-- Data in this exercise follows --

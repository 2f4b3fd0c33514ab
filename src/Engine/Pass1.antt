-- ===== src/Engine/Pass1.antt =====
-- src/engine.c, pass 1 of `generateBinaryFromCaptured`: the code of all blocks that are reached.
use dbrew.Prelude.{ℕ, zero, suc, ◌+◌, ◌*◌, Option, none, some, List, [], ◌∷◌, ◌++◌, ltb}
use dbrew.Prelude.{if◌then◌else◌, ◌>>=◌, ◌>>◌, assert, length, get_elem?}
use dbrew.Instr.Copy.{instr_is_jcc}
use dbrew.Capture.Blocks.{push_capture_bb}
use dbrew.Capture.Types.{Cbb}
use dbrew.Engine.Emit.{GenState, generate_block}
use dbrew.Engine.Storage.{use_code_storage}

-- GENORDER_MAX.
abbrev pub genorder_max : ℕ
genorder_max = 20

-- The successors of a block with a conditional jump are pushed; a null pointer fails when it is
-- used.
unfoldable pub push_successors : GenState → Cbb → Option GenState
unfolding push_capture_bb
push_successors g cbb =
    if instr_is_jcc cbb.end_type
    then (do
      b ← cbb.next_branch
      f ← cbb.next_fall_through
      let (_, c1) = push_capture_bb g.context b
      let (_, c2) = push_capture_bb c1 f
      some (record g { context = c2 }))
    else some g

-- The hole behind a block.
unfoldable pub leave_hole : GenState → Option GenState
unfolding use_code_storage
leave_hole g = do (_, cs) ← use_code_storage g.cs 26; some (record g { cs = cs })

-- The body of the loop for a block that is not generated yet. An error ends it before the hole.
unfoldable pub generate_next : GenState → ℕ → Option GenState
unfolding generate_block push_successors leave_hole
generate_next g bb = do
  assert (ltb (length g.gen_order) genorder_max)
  (error, g1) ← generate_block (record g { gen_order = g.gen_order ++ bb ∷ [] }) bb
  elim error [
    | some e ↦ some (record g1 {
      generated_code_addr = 0;
      generated_code_size = 0;
      context = record g1.context { e = some e };
    })
    | none ↦ do
      cbb ← get_elem? g1.context.cap_bb bb
      g2 ← push_successors g1 cbb
      elim (g2.context.e) [ some e ↦ some g2 | none ↦ leave_hole g2 ]
  ]

-- The body of the loop for the block that was on top.
unfoldable pub visit : GenState → ℕ → Option GenState
unfolding generate_next
visit g bb = do
  cbb ← get_elem? g.context.cap_bb bb
  elim (cbb.size) [ some n ↦ some g | none ↦ generate_next g bb ]

pub data Pass1 : Type 0 where
  out_of_fuel : Pass1
  finished : Option GenState → Pass1

-- The loop on a fuel. It finishes without a state when an assertion fails or the program exits, and
-- with the error set in the context when a function has set one.
unfoldable pub pass1 : ℕ → GenState → Pass1
unfolding visit
pass1 zero g = out_of_fuel
pass1 (suc n) g = elim (g.context.cap_stack) [
  | [] ↦ finished (some g)
  | top ∷ rest ↦ elim (visit (record g { context = record g.context { cap_stack = rest } }) top) [
    | none ↦ finished none
    | some g1 ↦ elim (g1.context.e) [ some e ↦ finished (some g1) | none ↦ pass1 n g1 ]
  ]
]

-- A sum over the blocks that are not generated yet.
unfoldable pub pending : (Cbb → ℕ) → List Cbb → ℕ
pending w [] = 0
pending w (c ∷ cs) = elim (c.size) [ some n ↦ pending w cs | none ↦ pending w cs + w c ]

-- Their number.
abbrev pub ungenerated : List Cbb → ℕ
ungenerated cs = pending (λ c. 1) cs

-- Each round takes a block from the stack, and only one that is generated in it adds two.
unfoldable pub pass1_fuel : GenState → ℕ
unfolding pending
pass1_fuel g = length g.context.cap_stack + 2 * ungenerated g.context.cap_bb + 1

-- Data in this exercise concluded --

What you need to do: Please transcribe word for word the lines from the line with "pass1 zero g = out_of_fuel" to the end of the material, both ends included.

Response to the task:
pass1 zero g = out_of_fuel
pass1 (suc n) g = elim (g.context.cap_stack) [
  | [] ↦ finished (some g)
  | top ∷ rest ↦ elim (visit (record g { context = record g.context { cap_stack = rest } }) top) [
    | none ↦ finished none
    | some g1 ↦ elim (g1.context.e) [ some e ↦ finished (some g1) | none ↦ pass1 n g1 ]
  ]
]

-- A sum over the blocks that are not generated yet.
unfoldable pub pending : (Cbb → ℕ) → List Cbb → ℕ
pending w [] = 0
pending w (c ∷ cs) = elim (c.size) [ some n ↦ pending w cs | none ↦ pending w cs + w c ]

-- Their number.
abbrev pub ungenerated : List Cbb → ℕ
ungenerated cs = pending (λ c. 1) cs

-- Each round takes a block from the stack, and only one that is generated in it adds two.
unfoldable pub pass1_fuel : GenState → ℕ
unfolding pending
pass1_fuel g = length g.context.cap_stack + 2 * ungenerated g.context.cap_bb + 1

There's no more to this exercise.